Filter these records by the string "rounds", copying each line that holds it.
:::
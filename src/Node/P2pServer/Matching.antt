-- ===== src/Node/P2pServer/Matching.antt =====
-- The entries of a request in the log.
use raft_based_distributed_l.Node.Messages.{AppendEntriesRequest}
use raft_based_distributed_l.Prelude.{sym, none}
use raft_based_distributed_l.Node.P2pServer.Stored.{
  succeeds, refused, stored, append_entries_service-Answered,
}
use raft_based_distributed_l.Node.State.{Node}
use raft_based_distributed_l.Storage.LogMemory.Contents.{
  insert_valid_entry_list-IsContiguous, maximum_index-insert_list, lookup-insert_list_new,
  lookup-insert_list_old, IsContiguous, IndexedFrom,
}
use raft_based_distributed_l.Storage.Command.{get_fast_index, new_command_from_raw}
use raft_based_distributed_l.Exec.{ok_injective, Result-cases, ok}
use raft_based_distributed_l.Storage.LogMemory.{insert_valid_entry_list, fetch_log_entry, LogMemory}
use raft_based_distributed_l.Storage.LogEntry.{LogEntry, new_log_entry_list}
use raft_based_distributed_l.Node.P2pServer.{
  append_entries_service, is_dead, new_log_entries, prev_matches,
}
use raft_based_distributed_l.Storage.Codec.{Codec, Entry}
use raft_based_distributed_l.Prelude.{
  false, ==_iff, ◌==◌, ltb, max, refl, ◌∙◌, some, ap, ◌⊎◌, length, get_elem?, subst, arith, leb,
  inl, Bool-cases, inr, ◌≤◌, Option-cases, true, ◌+◌, ℕ, zero, suc, ◌≡◌, List, [], ◌∷◌,
}

-- The entries of a request carry the indexes behind `prev`.
abbrev pub ListedFrom : ℕ → List Entry → Type 0
ListedFrom prev [] = Unit {0}
ListedFrom prev (e ∷ es) = (e.index ≡ prev + 1) × ListedFrom (prev + 1) es

prev_matches_below :
    (request : AppendEntriesRequest) (lm : LogMemory)
    → prev_matches request lm ≡ ok true
    → request.prev_entry_index ≤ lm.maximum_index
unfolding prev_matches
prev_matches_below request lm h =
    elim (Bool-cases (leb request.prev_entry_index lm.maximum_index)) [
      | inl q ↦ ground arith
      | inr q ↦ let h' = rw (q, prev_matches) at h in cc
    ]

pub fetch_log_entry_found :
    (lm : LogMemory) (i : ℕ) (e : LogEntry)
    → fetch_log_entry lm i ≡ ok e
    → lm.log_in_memory i ≡ some e
unfolding fetch_log_entry
fetch_log_entry_found lm i e h = elim (Bool-cases (ltb lm.maximum_index i)) [
  | inl q ↦ let h' = rw (q, fetch_log_entry) at h in cc
  | inr q ↦ elim (Option-cases (lm.log_in_memory i)) [
    | inl f ↦ let h' = rw (q, f, fetch_log_entry) at h in cc
    | inr (x, f) ↦ let h' = rw (q, f, fetch_log_entry) at h in f ∙ ap some (ok_injective _ _ h')
  ]
]

module _ (codec : Codec) where
  new_log_entry_list_entry :
      (x : Entry) (e : LogEntry) → new_log_entry_list codec x ≡ ok e → e.entry ≡ x
  unfolding new_log_entry_list
  new_log_entry_list_entry x e h =
      elim (Option-cases (new_command_from_raw x.command_name x.command_content)) [
        | inl q ↦ let h' = rw (q, new_log_entry_list) at h in cc
        | inr (c, q) ↦ elim (Result-cases (get_fast_index codec c)) [
          | inr (y, f) ↦ let h' = rw (q, f, new_log_entry_list) at h in cc
          | inl (i, f) ↦ let h' = rw (q, f, new_log_entry_list) at h in cc
        ]
      ]

  -- What a list of entries gives, one by one.
  data Converted : List Entry → List LogEntry → Type 0 where
    nothing : Converted [] []
    another :
        (x : Entry) (e : LogEntry) (xs : List Entry) (es : List LogEntry)
        → e.entry ≡ x
        → Converted xs es
        → Converted (x ∷ xs) (e ∷ es)

  new_log_entries-Converted :
      (xs : List Entry) (es : List LogEntry) → new_log_entries codec xs ≡ ok es → Converted xs es
  unfolding new_log_entries
  new_log_entries-Converted [] es h = subst (Converted []) (ok_injective _ _ h) nothing
  new_log_entries-Converted (x ∷ xs) es h = elim (Result-cases (new_log_entry_list codec x)) [
    | inr (y, q) ↦ let h' = rw (q, new_log_entries) at h in cc
    | inl (e, q) ↦ elim (Result-cases (new_log_entries codec xs)) [
      | inr (y, f) ↦ let h' = rw (q, f, new_log_entries) at h in cc
      | inl (es', f) ↦
          let h' = rw (q, f, new_log_entries) at h in
          subst (Converted (x ∷ xs)) (ok_injective _ _ h') (
            another x e xs es' (new_log_entry_list_entry x e q)
              (new_log_entries-Converted xs es' f))
    ]
  ]

  Converted-IndexedFrom :
      (prev : ℕ) (xs : List Entry) (es : List LogEntry)
      → Converted xs es
      → ListedFrom prev xs
      → IndexedFrom prev es
  Converted-IndexedFrom prev _ _ nothing l = tt
  Converted-IndexedFrom prev _ _ (another x e xs es q c) l =
      (ap (λ y. y.index) q ∙ l.0, Converted-IndexedFrom (prev + 1) xs es c l.1)

  Converted-length :
      (xs : List Entry) (es : List LogEntry) → Converted xs es → length es ≡ length xs
  Converted-length _ _ nothing = refl
  Converted-length _ _ (another x e xs es q c) = ap suc (Converted-length xs es c)

  Converted-get :
      (xs : List Entry) (es : List LogEntry) (i : ℕ) (x : Entry)
      → Converted xs es
      → get_elem? xs i ≡ some x
      → (e : LogEntry) × (get_elem? es i ≡ some e) × (e.entry ≡ x)
  Converted-get _ _ i x nothing at = cc
  Converted-get _ _ zero x (another y e xs es q c) at =
      (e, refl, q ∙ ap (λ o. elim o [ some z ↦ z | none ↦ y ]) at)
  Converted-get _ _ (suc i) x (another y e xs es q c) at = Converted-get xs es i x c at

  -- What a request that succeeds leaves in the log `lm`, and in the end `lm'`.
  pub record Matches (request : AppendEntriesRequest) (lm lm' : LogMemory) : Type 0 where
    -- the entry before the request's entries is in the log
    pub prev :
        (request.prev_entry_index ≡ 0)
        ⊎ ((e : LogEntry) × (lm.log_in_memory request.prev_entry_index ≡ some e)
            × (e.entry.term ≡ request.prev_entry_term))
    pub before : (j : ℕ) → j ≤ request.prev_entry_index → lm'.log_in_memory j ≡ lm.log_in_memory j
    pub entries :
        (i : ℕ) (x : Entry)
        → get_elem? request.entry_list i ≡ some x
        → (e : LogEntry) × (lm'.log_in_memory (request.prev_entry_index + 1 + i) ≡ some e)
          × (e.entry ≡ x)
    pub top :
        lm'.maximum_index
        ≡ max lm.maximum_index (request.prev_entry_index + length request.entry_list)
    pub contiguous : IsContiguous lm'

  prev_matches_found :
      (request : AppendEntriesRequest) (lm : LogMemory)
      → prev_matches request lm ≡ ok true
      → (request.prev_entry_index ≡ 0)
        ⊎ ((e : LogEntry) × (lm.log_in_memory request.prev_entry_index ≡ some e)
            × (e.entry.term ≡ request.prev_entry_term))
  unfolding prev_matches fetch_log_entry
  prev_matches_found request lm h =
      elim (Bool-cases (leb request.prev_entry_index lm.maximum_index)) [
        | inr q ↦ let h' = rw (q, prev_matches) at h in cc
        | inl q ↦ elim (Bool-cases (request.prev_entry_index == 0)) [
          | inl z ↦ inl ((==_iff _ _).0 z)
          | inr z ↦ elim (Result-cases (fetch_log_entry lm request.prev_entry_index)) [
            | inr (x, f) ↦ let h' = rw (q, z, f, prev_matches) at h in cc
            | inl (e, f) ↦
                let h' = rw (q, z, f, prev_matches) at h in
                inr (
                  e,
                  fetch_log_entry_found lm request.prev_entry_index e f,
                  (==_iff _ _).0 (ok_injective _ _ h'),
                )
          ]
        ]
      ]

  stored-Matches :
      (request : AppendEntriesRequest) (lm : LogMemory) (es : List LogEntry)
      → prev_matches request lm ≡ ok true
      → new_log_entries codec request.entry_list ≡ ok es
      → ListedFrom request.prev_entry_index request.entry_list
      → IsContiguous lm
      → Matches request lm (insert_valid_entry_list es lm).1
  stored-Matches request lm es found made listed whole =
      let prev = request.prev_entry_index in
      let c = new_log_entries-Converted request.entry_list es made in
      let from = Converted-IndexedFrom prev request.entry_list es c listed in
      let below = prev_matches_below request lm found in
      record {
        prev = prev_matches_found request lm found;
        before = λ j le. lookup-insert_list_old es prev lm j from le;
        entries = λ i x at.
            let (e, at', q) = Converted-get request.entry_list es i x c at in
            (e, lookup-insert_list_new es prev lm i e from at', q);
        top =
            maximum_index-insert_list es prev lm from below
            ∙ ap (λ k. max lm.maximum_index (prev + k)) (Converted-length request.entry_list es c);
        contiguous = insert_valid_entry_list-IsContiguous es prev lm from below whole;
      }

  -- Log matching. If the node is not dead, its log has no gap, the entries of the request carry
  -- the indexes behind the previous entry that the request names, and the answer is a success,
  -- then the log held that previous entry with the term of the request, unless its index is 0;
  -- afterwards it is as before up to that index, holds the entries of the request behind it, has
  -- no gap, and its last index is the greater of the old one and the last of the request.
  pub append_entries_service-Matches :
      (now : ℕ) (request : AppendEntriesRequest) (n : Node)
      → is_dead n.context.node_state ≡ false
      → ListedFrom request.prev_entry_index request.entry_list
      → IsContiguous n.log_entry_in_memory
      → succeeds (append_entries_service codec now request n).0 ≡ true
      → Matches request n.log_entry_in_memory
          (append_entries_service codec now request n).1.log_entry_in_memory
  append_entries_service-Matches now request n alive listed whole h =
      elim (append_entries_service-Answered codec now request n alive) [
        | refused x _ ↦ cc
        | stored es _ _ _ found made log _ ↦
            subst (Matches request n.log_entry_in_memory) (sym log)
              (stored-Matches request n.log_entry_in_memory es found made listed whole)
      ]
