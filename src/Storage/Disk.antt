-- ===== src/Storage/Disk.antt =====
-- What storage/log_entry.go and storage/log_memory.go use of fmt and io to frame the entries on
-- disk: the verb `%8x\n` of Fprintf and Fscanf, and ReadFull. A reader is the bytes that are left.
pub mod Hex
pub mod Progress
use raft_based_distributed_l.Exec.{
  go_panic, io_unexpected_eof, io_eof, scan_failure, err, ok, Result,
}
use Prim.Native.Nat.{◌/◌}
use raft_based_distributed_l.Prelude.{
  not, ◌++◌, ◌||◌, ◌&&◌, ◌==◌, leb, ltb, length, ◌%◌, ◌+◌, ◌-◌, Bool, if◌then◌else◌, ℕ, zero, suc,
  List, [], ◌∷◌, Option, none, some, Bytes, ◌*◌,
}

abbrev pub newline : ℕ
newline = b'\n'

abbrev pub space : ℕ
space = b' '

-- The blanks but for the newline.
abbrev pub is_blank : ℕ → Bool
is_blank c = c == space || (ltb 8 c && (ltb c 14 && not (c == newline)))

abbrev pub digit_char : ℕ → ℕ
digit_char d = if ltb d 10 then b'0' + d else b'a' + d - 10

abbrev pub digit_value : ℕ → Option ℕ
digit_value c =
    if leb b'0' c && leb c b'9'
    then some (c - b'0')
    else if leb b'a' c && leb c b'f'
    then some (c + 10 - b'a')
    else if leb b'A' c && leb c b'F'
    then some (c + 10 - b'A')
    else none

-- The hexadecimal digits of a number of at most `suc rounds` digits.
unfoldable pub hex_digits : ℕ → ℕ → Bytes
hex_digits zero n = digit_char (n % 16) ∷ []
hex_digits (suc rounds) n =
    let more = hex_digits rounds (n / 16) ++ digit_char (n % 16) ∷ [] in
    if ltb n 16 then digit_char n ∷ [] else more

unfoldable pub blanks : ℕ → Bytes
blanks zero = []
blanks (suc n) = space ∷ blanks n

-- `%8x\n` of a nonnegative int.
unfoldable pub print_length : ℕ → Bytes
print_length n =
    let digits = hex_digits 15 n in blanks (8 - length digits) ++ digits ++ newline ∷ []

unfoldable pub skip_blanks : Bytes → Bytes
skip_blanks [] = []
skip_blanks (c ∷ s) = let rest = skip_blanks s in if is_blank c then rest else c ∷ s

-- Up to `width` digits.
unfoldable pub scan_digits : ℕ → ℕ → Bytes → ℕ × Bytes
scan_digits zero n s = (n, s)
scan_digits (suc width) n [] = (n, [])
scan_digits (suc width) n (c ∷ s) = elim (digit_value c) [
  | none ↦ (n, c ∷ s)
  | some d ↦ scan_digits width (n * 16 + d) s
]

-- A newline of the format: blanks, and then a newline or the end.
unfoldable pub drop_newline : Bytes → Result Bytes
drop_newline [] = ok []
drop_newline (c ∷ rest) = if c == newline then ok rest else err scan_failure

unfoldable pub match_newline : Bytes → Result Bytes
match_newline s = drop_newline (skip_blanks s)

unfoldable pub end_line : ℕ × Bytes → Result (ℕ × Bytes)
end_line (n, s) = elim (match_newline s) [ err e ↦ err e | ok rest ↦ ok (n, rest) ]

-- The digits of a number and the end of its line.
unfoldable pub scan_unsigned : ℕ → Bytes → Result (ℕ × Bytes)
scan_unsigned width [] = err io_eof
scan_unsigned width (c ∷ s) = elim (digit_value c) [
  | none ↦ err scan_failure
  | some _ ↦ end_line (scan_digits width 0 (c ∷ s))
]

abbrev pub is_sign : ℕ → Bool
is_sign c = c == b'+' || c == b'-'

-- The slice of the length that was scanned: `make` panics on a negative one.
unfoldable pub made_length : Bool → Result (ℕ × Bytes) → Result (ℕ × Bytes)
made_length negative (err e) = err e
made_length negative (ok (n, rest)) = if negative && ltb 0 n then err go_panic else ok (n, rest)

-- The number itself, with a sign or none; a sign counts for the width.
unfoldable pub scan_hex : Bytes → Result (ℕ × Bytes)
unfolding scan_unsigned made_length
scan_hex [] = err io_eof
scan_hex (c ∷ s) =
    if is_sign c then made_length (c == b'-') (scan_unsigned 7 s) else scan_unsigned 8 (c ∷ s)

-- `%8x\n`
unfoldable pub scan_length : Bytes → Result (ℕ × Bytes)
scan_length s = scan_hex (skip_blanks s)

unfoldable pub take_exactly : ℕ → Bytes → Option (Bytes × Bytes)
take_exactly zero s = some ([], s)
take_exactly (suc n) [] = none
take_exactly (suc n) (c ∷ s) = elim (take_exactly n s) [
  | none ↦ none
  | some (a, b) ↦ some (c ∷ a, b)
]

-- The error is io.EOF only if nothing was read.
unfoldable pub read_full : ℕ → Bytes → Result (Bytes × Bytes)
read_full n s = elim (take_exactly n s) [
  | some r ↦ ok r
  | none ↦ elim s [ [] ↦ err io_eof | _ ∷ _ ↦ err io_unexpected_eof ]
]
:::
§ EXERCISE RESULT:
-- The hexadecimal digits of a number of at most `suc rounds` digits.
hex_digits (suc rounds) n =
    let more = hex_digits rounds (n / 16) ++ digit_char (n % 16) ∷ [] in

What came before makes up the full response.